15 errores en las Relaciones Públicas

Iba a titular esto “Los errores del RP de agencia” porque es en estos lugares donde se dan más casos, pero no hay que generalizar… tanto.

Las pláticas informales son la mejor manera de conocer las opiniones de la gente en un ambiente más honesto, fuera de la formalidad de las fiestas, los cocteles o los eventos especiales. Nada que ver con las citas de negocios, donde sabes que los temas versarán únicamente sobre trabajo.

El contar con la amistad de personas que se dedican al periodismo, sobre todo sabiendo que me dedico a las relaciones públicas con medios es un gran honor, puesto que depositan su confianza en mi, así que en cada nuevo proyecto que tomo he asumido el compromiso de no defraudar esa confianza: proponerles contenidos útiles e interesantes para ellos y su público.

A su vez, en esas pequeñas conversaciones que surgen en al informalidad, con una buena comida y bebida, con risas y anécdotas, también me confían lo incómodo que es lidiar con RP’s, puesto que resultan ser los seres con menos tacto del mundo, que no disimulan o de plano avisan con descaro sus intereses y oscuras intenciones e incluso a veces olvidan con quien están hablando, a qué publicación o medio buscan o a qué público va. Esto es muy común, para mi sorpresa y horror, en las agencias.
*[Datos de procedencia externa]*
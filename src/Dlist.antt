-- ===== src/Dlist.antt =====
-- infinity/ds/dlist/dlist.c: doubly linked lists between two dummies, on a store of nodes. A pointer
-- is an address, and NULL is 0. The outer `none` of a result is a failed assert, a read or write
-- through an address that holds no node, or an end of the fuel.
pub mod Segments
pub mod Linking
pub mod View
pub mod Changing
pub mod Walking
pub mod Matching
pub mod Writing
pub mod Tests
use daher_repo.Prelude.{
  ℕ, zero, suc, ◌+◌, Bool, true, false, not, ◌||◌, Option, none, some, ◌==◌, if◌then◌else◌, ◌>>=◌,
  ◌>>◌, guard, ℤ, pos, negsuc, is_zero,
}

abbrev pub is_one : ℤ → Bool
is_one (pos n) = n == 1
is_one (negsuc n) = false

-- `dlist_node_t`; a dummy has no data of its own
pub record Node {ℓ} (A : Type ℓ) : Type ℓ where
  pub datum : Option A
  pub next_node : ℕ
  pub prev_node : ℕ

-- `dlist_t`: the addresses of the two dummies in it
pub record Dlist : Type 0 where
  pub begin_dummy : ℕ
  pub end_dummy : ℕ

abbrev pub Store {ℓ} : Type ℓ → Type ℓ
Store A = ℕ → Option (Node A)

unfoldable pub is_same_iter : ℕ → ℕ → Option Bool
is_same_iter one two = guard (not (one == 0)) >> (guard (not (two == 0)) >> some (one == two))

module _ {ℓ} {A : Type ℓ} where
  abbrev pub cell : Option A → ℕ → ℕ → Node A
  cell x n p = record { datum = x; next_node = n; prev_node = p }

  -- `none` gives the address back
  unfoldable pub put : Store A → ℕ → Option (Node A) → Store A
  put h p c a = if a == p then c else h a

  unfoldable pub load : Store A → ℕ → Option (Node A)
  load h p = if p == 0 then none else h p

  -- `p->next_node = q` and `p->prev_node = q`
  unfoldable pub set_next : Store A → ℕ → ℕ → Option (Store A)
  set_next h p q = load h p >>= λ n. some (put h p (some (cell n.datum q n.prev_node)))

  unfoldable pub set_prev : Store A → ℕ → ℕ → Option (Store A)
  set_prev h p q = load h p >>= λ n. some (put h p (some (cell n.datum n.next_node q)))

  -- `DlistCreate`; `b` and `e` are the addresses of the dummies in what `malloc` returned, and `b` is
  -- NULL where it failed
  unfoldable pub create : Store A → ℕ → ℕ → Store A × Option Dlist
  create h b e = if b == 0 then (h, none) else (
    put (put h b (some (cell none e 0))) e (some (cell none 0 b)),
    some (record { begin_dummy = b; end_dummy = e }),
  )

  unfoldable pub next : Store A → ℕ → Option ℕ
  next h iter = load h iter >>= λ n. some n.next_node

  unfoldable pub prev : Store A → ℕ → Option ℕ
  prev h iter = load h iter >>= λ n. some n.prev_node

  unfoldable pub begin : Store A → Dlist → Option ℕ
  begin h list = next h list.begin_dummy

  unfoldable pub is_empty : Store A → Dlist → Option Bool
  is_empty h list = begin h list >>= λ b. some (b == list.end_dummy)

  -- the loop of `DlistSize`
  unfoldable pub size_from : ℕ → Store A → Dlist → ℕ → ℕ → Option ℕ
  size_from zero h list runner counter = none
  size_from (suc fuel) h list runner counter =
      if list.end_dummy == runner
      then some counter
      else (next h runner >>= λ n. size_from fuel h list n (counter + 1))

  unfoldable pub size : ℕ → Store A → Dlist → Option ℕ
  size fuel h list = begin h list >>= λ b. size_from fuel h list b 0

  -- Neither pointer of the node is NULL: the asserts of `DlistGetData` and `DlistSetData`.
  unfoldable pub assert_inner : Node A → Option (Unit {0})
  assert_inner n = guard (not (n.next_node == 0)) >> guard (not (n.prev_node == 0))

  unfoldable pub get_data : Store A → ℕ → Option A
  get_data h iter = load h iter >>= λ n. (assert_inner n >> n.datum)

  unfoldable pub set_data : Store A → ℕ → A → Option (Store A)
  set_data h iter x = load h iter >>= λ n.
      (assert_inner n >> some (put h iter (some (cell (some x) n.next_node n.prev_node))))

  -- the part of `DlistInsert` that makes the new node; `CreatNewNode` clears it
  unfoldable pub make_node : Store A → ℕ → ℕ → A → Option (Store A)
  make_node h new_node where_at data_in =
      set_next (put h new_node (some (cell none 0 0))) new_node where_at >>= λ h1.
      (prev h1 where_at >>= λ p. (set_prev h1 new_node p >>= λ h2. set_data h2 new_node data_in))

  -- the part of `DlistInsert` that links it in
  unfoldable pub link_node : Store A → ℕ → ℕ → Option (Store A)
  link_node h new_node where_at =
      prev h where_at >>= λ p. (set_next h p new_node >>= λ h1. set_prev h1 where_at new_node)

  -- `malloc` returns an address, or NULL
  unfoldable pub insert : (Store A → ℕ) → Store A → Dlist → ℕ → A → Option (Store A × ℕ)
  insert malloc h list where_at data_in =
      guard (not (where_at == 0))
      >> (if malloc h == 0
          then some (h, list.end_dummy)
          else (make_node h (malloc h) where_at data_in >>= λ h1.
              (link_node h1 (malloc h) where_at >>= λ h2. some (h2, malloc h))))

  unfoldable pub remove : Store A → Dlist → ℕ → Option (Store A × ℕ)
  remove h list iter =
      guard (not (iter == 0))
      >> (guard (not (list.end_dummy == iter))
          >> (load h iter >>= λ n.
              (set_prev h n.next_node n.prev_node >>= λ h1.
              (load h1 iter >>= λ m.
              (set_next h1 m.prev_node m.next_node >>= λ h2.
              some (put h2 iter none, n.next_node))))))

  unfoldable pub push_front : (Store A → ℕ) → Store A → Dlist → A → Option (Store A × ℕ)
  push_front malloc h list data_in = begin h list >>= λ b. insert malloc h list b data_in

  unfoldable pub push_back : (Store A → ℕ) → Store A → Dlist → A → Option (Store A × ℕ)
  push_back malloc h list data_in = insert malloc h list list.end_dummy data_in

  unfoldable pub pop_front : Store A → Dlist → Option (Store A)
  pop_front h list = is_empty h list >>= λ e.
      (guard (not e) >> (begin h list >>= λ b. (remove h list b >>= λ r. some r.0)))

  unfoldable pub pop_back : Store A → Dlist → Option (Store A)
  pop_back h list = is_empty h list >>= λ e.
      (guard (not e) >> (prev h list.end_dummy >>= λ b. (remove h list b >>= λ r. some r.0)))

  -- `DlistForEach`, on the state behind `param`
  unfoldable pub for_each {κ} :
      {S : Type κ} → ℕ → Store A → ℕ → ℕ → (A → S → S × ℤ) → S → Option (S × ℤ)
  for_each zero h runner to action param = none
  for_each (suc fuel) h runner to action param = is_same_iter runner to >>= λ s.
      if s
      then some (param, pos 0)
      else (load h runner >>= λ n.
          (n.datum >>= λ x.
          (if is_zero (action x param).1
            then (next h runner >>= λ m. for_each fuel h m to action (action x param).0)
            else some (action x param))))

  unfoldable pub splice : Store A → ℕ → ℕ → ℕ → Option (Store A × ℕ)
  splice h where_at src_from src_to = prev h src_from >>= λ src_from_prev. prev h src_to >>= λ a.
      set_next h a where_at >>= λ h1. prev h1 where_at >>= λ b. set_next h1 b src_from >>= λ h2.
      prev h2 src_from >>= λ c. set_next h2 c src_to >>= λ h3. prev h3 where_at >>= λ d.
      set_prev h3 src_from d >>= λ h4. prev h4 src_to >>= λ e. set_prev h4 where_at e >>= λ h5.
      set_prev h5 src_to src_from_prev >>= λ h6. prev h6 where_at >>= λ f. some (h6, f)

  -- the loop of a search: on from `runner`, while it is not `to` and its data pass the test
  unfoldable pub scan : (A → Bool) → ℕ → Store A → ℕ → ℕ → Option ℕ
  scan goes_on zero h runner to = none
  scan goes_on (suc fuel) h runner to = is_same_iter runner to >>= λ s.
      if s
      then some runner
      else (get_data h runner >>= λ x.
          (if goes_on x then (next h runner >>= λ n. scan goes_on fuel h n to) else some runner))

  module _ {κ} {B : Type κ} (is_match_func : A → B → ℤ) where
    unfoldable pub find : ℕ → Store A → ℕ → ℕ → B → Option ℕ
    find fuel h from to data_to_compare =
        scan (λ x. is_zero (is_match_func x data_to_compare)) fuel h from to

    -- `DlistMultiFind`: the matches go to the back of `dest`; the result is 1 where memory ran out
    unfoldable pub multi_find :
        (Store A → ℕ) → ℕ → Store A → Dlist → ℕ → ℕ → B → Option (Store A × ℕ)
    multi_find malloc zero h dest runner to data_to_compare = none
    multi_find malloc (suc fuel) h dest runner to data_to_compare =
        let go_on : Store A → Option (Store A × ℕ) =
          (λ g. next g runner >>= λ n. multi_find malloc fuel g dest n to data_to_compare) in
        is_same_iter runner to >>= λ s.
        if s
        then some (h, 0)
        else (get_data h runner >>= λ x.
            (if is_one (is_match_func x data_to_compare)
              then (push_back malloc h dest x >>= λ p.
                  (next p.0 p.1 >>= λ after. if after == 0 then some (p.0, 1) else go_on p.0))
              else go_on h))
Alguna vez metí la pata cuando hacía mis pininos en esto, motivo por el cual conozco que la inexperiencia es un arma peligrosa en una profesión que requiere tacto. Es por ello que, cuando he tenido la oportunidad de enseñar lo básico a los chicos que hacen su servicio social o becario dentro de mis equipos, trato de que se fijen en todos aquellos detalles y apliquen todo el respeto con el que se debe tratar a una persona que valora y ama su trabajo.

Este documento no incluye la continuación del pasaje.